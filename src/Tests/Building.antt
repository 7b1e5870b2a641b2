-- ===== src/Tests/Building.antt =====
-- internal/trace/graph_builder.go on two pods and a service.
use netobserv_spcg.Common.{◌≡◌, String, false, List, [], ◌∷◌, some, none, arith}
use netobserv_spcg.Common.Int64.{negsuc}
use netobserv_spcg.Trace.Layout.{Sizes, context, place_at}
use netobserv_spcg.Trace.Layout.Places.{IsApart, place_at-IsApart}
use netobserv_spcg.Trace.Simplify.{TraceGraph}
use netobserv_spcg.Trace.Builder.{
  PodDetail, NewNode, NewEdge, no_pod, new_graph_builder, seed_endpoints, finish,
}
use netobserv_spcg.Trace.Builder.Finished.{
  BuilderCall, node_call, edge_call, run_calls, IsWellFormed, finish-run_calls,
}
use netobserv_spcg.Probe.Correlator.{new_graph_correlator}
use netobserv_spcg.Probe.Correlator.Progress.{IsSound}

abbrev client : PodDetail
client = record no_pod {
  namespace = "shop";
  name = "client";
  pod_ip = "10.0.0.1";
  node_name = "worker-1";
}

abbrev server : PodDetail
server = record no_pod { namespace = "shop"; name = "server"; pod_ip = "10.0.0.2" }

abbrev service : NewNode
service = record {
  id = "service/shop/server";
  label = "server";
  kind = "service";
  namespace = "shop";
  tracked = false;
  focused = false;
  rank = negsuc 0;
  detail = "";
}

abbrev link_to : String → String → NewEdge
link_to from to = record {
  from = from;
  to = to;
  edge_type = "direct";
  primary = false;
  label = "";
  drop = false;
}

-- The last call repeats an edge.
abbrev discovered : List BuilderCall
discovered =
    node_call service
    ∷ edge_call (link_to "pod/shop/client" "service/shop/server")
    ∷ edge_call (link_to "service/shop/server" "pod/shop/server")
    ∷ edge_call (link_to "service/shop/server" "pod/shop/server")
    ∷ []

finish-run_calls_example :
    (g : TraceGraph) × (finish (
        run_calls discovered
          (seed_endpoints (new_graph_builder (client ∷ []) (server ∷ []) none [])))
      ≡ some g)
    × IsWellFormed g.nodes g.edges
    × IsSound (new_graph_correlator g.nodes g.edges)
finish-run_calls_example =
    finish-run_calls (client ∷ []) (server ∷ []) none [] discovered (omega arith)

abbrev crowded : Sizes
crowded = record { ingress = 2; anchor = 1; shared = 2; egress = 1; context = 9 }

place_at-IsApart_example : IsApart (place_at crowded context 2) (place_at crowded context 8)
place_at-IsApart_example =
    place_at-IsApart crowded context context 2 8 (omega arith) (omega arith)
      (λ same e. omega (arith, e))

Aim of the task: Copy each line of the listing that includes "false".

Task result:
use netobserv_spcg.Common.{◌≡◌, String, false, List, [], ◌∷◌, some, none, arith}
  tracked = false;
  focused = false;
  primary = false;
  drop = false;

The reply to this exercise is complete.